▸ **WORK INSTRUCTION**:
Where a line of the data holds the word "some", copy that line.

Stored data
• • • • •

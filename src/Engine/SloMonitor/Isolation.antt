-- ===== src/Engine/SloMonitor/Isolation.antt =====
-- A leg is graded by its own feed.
use systematic_trading_valid.Common.{
  All, Bool, Bool-cases, List, Option, [], beq_refl, false, inl, inr, nat_eq, none, not, pair_eq,
  refl, some, ℕ, ◌&&◌, ◌==◌, ◌∙◌, ◌∷◌, ◌≡◌,
}
use systematic_trading_valid.Common.Text.{Text, text_eq, upper}
use systematic_trading_valid.Common.Dict.{Dict, lookup, lookup-insert}
use systematic_trading_valid.Core.MarketCalendar.{is_within_rth}
use systematic_trading_valid.Engine.Degradation.{mode_eq}
use systematic_trading_valid.Engine.SloMonitor.{
  Monitor, is_market_dormant, nbbo_success_rate, note_nbbo_fetch,
}
use systematic_trading_valid.Engine.SloMonitor.Integrity.{
  Payload, evaluate_data_integrity, measure, note_reported,
}

-- A fetch of a quote that was noted
pub record Note : Type 0 where
  pub success : Bool
  pub symbol : Text
  pub is_crypto : Bool
  pub reference : ℕ

unfoldable pub note_all : Monitor → List Note → Monitor
note_all m [] = m
note_all m (n ∷ ns) = note_all (note_nbbo_fetch m n.success n.symbol n.is_crypto n.reference) ns

-- The two monitors differ in the attempts at most, and not in those of the symbol.
record Alike (symbol : Text) (m n : Monitor) : Type 0 where
  same_zone : n ≡ record m { nbbo_attempts = n.nbbo_attempts }
  same_attempts : lookup (upper symbol) n.nbbo_attempts ≡ lookup (upper symbol) m.nbbo_attempts

Alike-note :
    (symbol other : Text) (m : Monitor) (s c : Bool) (t : ℕ)
    → (upper other == upper symbol) ≡ false
    → Alike symbol m (note_nbbo_fetch m s other c t)
unfolding note_nbbo_fetch
Alike-note symbol other m s c t h =
    elim (Bool-cases (not c && not (is_within_rth m.zone m.calendar t))) [
      | inl e ↦ rw e (record { same_zone = refl; same_attempts = refl })
      | inr e ↦ rw e (record { same_zone = refl; same_attempts = simp (lookup-insert, h) })
    ]

attempts_alike :
    (o : Option Bool) (m : Monitor) (d : Dict Text (List Bool)) (symbol : Text) (c : Bool) (t : ℕ)
    → lookup (upper symbol) d ≡ lookup (upper symbol) m.nbbo_attempts
    → nbbo_success_rate (note_reported o (record m { nbbo_attempts = d }) symbol c t) symbol
      ≡ nbbo_success_rate (note_reported o m symbol c t) symbol
unfolding nbbo_success_rate note_nbbo_fetch
attempts_alike none m d symbol c t e = simp e
attempts_alike (some s) m d symbol c t e =
    elim (Bool-cases (not c && not (is_within_rth m.zone m.calendar t))) [
      | inl f ↦ simp (f, e)
      | inr f ↦ simp (f, e, lookup-insert, beq_refl)
    ]

verdict_alike :
    (m : Monitor) (d : Dict Text (List Bool)) (p : Payload)
    → lookup (upper p.symbol) d ≡ lookup (upper p.symbol) m.nbbo_attempts
    → (evaluate_data_integrity (record m { nbbo_attempts = d }) p).1
      ≡ (evaluate_data_integrity m p).1
unfolding evaluate_data_integrity measure is_market_dormant
verdict_alike m d p e = elim (Bool-cases (is_market_dormant m p.is_crypto p.exchange_reference)) [
  | inl f ↦ simp f
  | inr f ↦
      simp (f, attempts_alike p.nbbo_fetch_success m d p.symbol p.is_crypto p.exchange_reference e)
]

Alike-verdict :
    (m n : Monitor) (p : Payload)
    → Alike p.symbol m n
    → (evaluate_data_integrity n p).1 ≡ (evaluate_data_integrity m p).1
Alike-verdict m n p a = rw a.same_zone (verdict_alike m n.nbbo_attempts p a.same_attempts)

-- A leg's verdict does not change with the quotes that are fetched, or not, for other symbols.
pub verdict_isolated :
    (m : Monitor) (p : Payload) (ns : List Note)
    → All (λ n. (upper n.symbol == upper p.symbol) ≡ false) ns
    → (evaluate_data_integrity (note_all m ns) p).1 ≡ (evaluate_data_integrity m p).1
unfolding note_all
verdict_isolated m p [] h = refl
verdict_isolated m p (n ∷ ns) (h, hs) =
    let next = note_nbbo_fetch m n.success n.symbol n.is_crypto n.reference in
    verdict_isolated next p ns hs
    ∙ Alike-verdict m next p (Alike-note p.symbol n.symbol m n.success n.is_crypto n.reference h)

• • • • •

▸ **RESULT OF THE TASK**:
  refl, some, ℕ, ◌&&◌, ◌==◌, ◌∙◌, ◌∷◌, ◌≡◌,
attempts_alike (some s) m d symbol c t e =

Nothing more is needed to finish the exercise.